● **EXERCISE**
Report every line below that holds the word "best".

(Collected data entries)
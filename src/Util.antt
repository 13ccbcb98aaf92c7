-- ===== src/Util.antt =====
-- `Util::dosname` of sw/spyvspy/util.cpp. A C string is the list of its bytes before the NUL; bytes
-- from 128 on are left alone by `toupper` in the C locale.
pub mod Shape
use yamashnik.Prelude.{
  ℕ, suc, ◌+◌, ◌-◌, Bool, ◌&&◌, ◌||◌, List, [], ◌∷◌, Option, none, some, Bytes, ltb, leb, ◌==◌,
  if◌then◌else◌, length, take, drop, set, replicate, true, ◌++◌, false, map,
}

-- `toupper`
unfoldable pub to_upper : ℕ → ℕ
to_upper c = if leb b'a' c && leb c b'z' then c - 32 else c

-- `shrt`: what follows the last slash, or the whole. `best` is the part behind the last one so far.
after_slash : Bytes → Bytes → Bytes
after_slash best [] = best
after_slash best (c ∷ cs) = after_slash (if c == b'/' then cs else best) cs

unfoldable pub base_name : Bytes → Bytes
unfolding after_slash
base_name fname = after_slash fname fname

-- The place of the first dot, or the length: `namelen`.
unfoldable pub name_length : Bytes → ℕ
name_length [] = 0
name_length (c ∷ cs) = let rest = name_length cs in if c == b'.' then 0 else suc rest

-- `strlen(shrt) - namelen - 1`. With no dot this is -1 in the source and 0 here: either way the
-- test against 3 fails and the loop over the extension makes no round.
unfoldable pub ext_length : Bytes → ℕ
ext_length shrt = length shrt - name_length shrt - 1

-- The loops: `buf83[at + i] = toupper(src[i])` for each `i`.
unfoldable pub write_upper : ℕ → Bytes → Bytes → Bytes
write_upper at [] buf = buf
write_upper at (c ∷ src) buf = write_upper (suc at) src (set buf at (to_upper c))

-- `memset(p, ' ', n)`
abbrev pub spaces : ℕ → Bytes
spaces n = replicate n b' '

-- `dosname(fname, buf83)` with both pointers there: what it leaves in the first eleven bytes of
-- `buf83`, or `none` where it returns 0 and writes nothing.
unfoldable pub dosname : Bytes → Option Bytes
unfolding ext_length
dosname fname =
    let shrt = base_name fname in
    let namelen = name_length shrt in
    let name = take namelen shrt in
    let ext = take (ext_length shrt) (drop (namelen + 1) shrt) in
    if ltb 8 namelen || ltb 3 (ext_length shrt)
    then none
    else some (write_upper 8 ext (write_upper 0 name (spaces 11)))

-- A null `fname` gives 0 as well.
unfoldable pub dosname_of : Option Bytes → Option Bytes
dosname_of none = none
dosname_of (some fname) = dosname fname

-- `strcmp(a, b) == 0`
abbrev pub same : Bytes → Bytes → Bool
same [] [] = true
same (a ∷ xs) (b ∷ bs) = a == b && same xs bs
same xs ys = false

-- `test_dosname_1`: a buffer of fifteen `X`, of which `dosname` overwrites eleven.
unfoldable pub test_dosname_1 : Bytes → Bytes → Bool
test_dosname_1 file_name expect = elim (dosname file_name) [
  | none ↦ same (replicate 15 b'X') expect
  | some buf ↦ same (buf ++ replicate 4 b'X') expect
]

abbrev spaced : Bytes → Bytes → Bytes
spaced name ext =
    name
    ++ (replicate (8 - length name) b' '
        ++ (ext ++ (replicate (3 - length ext) b' ' ++ replicate 4 b'X')))

abbrev one_a : Bytes
one_a = b'a' ∷ []

abbrev autoexec : Bytes
autoexec = b'a' ∷ b'u' ∷ b't' ∷ b'o' ∷ b'e' ∷ b'x' ∷ b'e' ∷ b'c' ∷ []

-- `testSuite`
unfoldable pub test_suite : Bool
test_suite =
    let dirs =
      b'.' ∷ b'.' ∷ b'/' ∷ b'.' ∷ b'.' ∷ b'/' ∷ b'a' ∷ b'/' ∷ b'b' ∷ b'/' ∷ b'c' ∷ b'/' ∷ [] in
    let capital = spaced (b'A' ∷ []) in
    test_dosname_1 (b'a' ∷ b'.' ∷ b'b' ∷ []) (capital (b'B' ∷ []))
    && (test_dosname_1 one_a (capital [])
        && (test_dosname_1 (b'/' ∷ one_a) (capital [])
            && (test_dosname_1 (dirs ++ one_a) (capital [])
                && test_dosname_1 (dirs ++ (autoexec ++ (b'.' ∷ b'b' ∷ b'a' ∷ b't' ∷ [])))
                    (spaced (map to_upper autoexec) (b'B' ∷ b'A' ∷ b'T' ∷ [])))))
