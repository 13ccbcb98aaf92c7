-- ===== src/Wire/Cmd.antt =====
-- The packet types: sw/spyvspy/commands.h.
use Prim.Native.Nat.{ℕ}

-- `enum PACKETCMD`
abbrev pub base : ℕ
base = 0x01

abbrev pub ping : ℕ
ping = 0x05

abbrev pub ack : ℕ
ack = 0x06

abbrev pub pong : ℕ
pong = 0x15

abbrev pub shex_data : ℕ
shex_data = 0x42

abbrev pub send_command : ℕ
send_command = 0x48

abbrev pub shex_header : ℕ
shex_header = 0x52

abbrev pub poke : ℕ
poke = 0x5c

abbrev pub close_file : ℕ
close_file = 0x20

abbrev pub write_file : ℕ
write_file = 0x25

abbrev pub create_file : ℕ
create_file = 0x26

abbrev pub master_data : ℕ
master_data = 0x2c

abbrev pub master_data2 : ℕ
master_data2 = 0x2d

abbrev pub re_close_file : ℕ
re_close_file = 0x30

abbrev pub re_write_file : ℕ
re_write_file = 0x35

abbrev pub re_create_file : ℕ
re_create_file = 0x36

● **TASK SOLUTION**
-- `shrt`: what follows the last slash, or the whole. `best` is the part behind the last one so far.
after_slash best [] = best
after_slash best (c ∷ cs) = after_slash (if c == b'/' then cs else best) cs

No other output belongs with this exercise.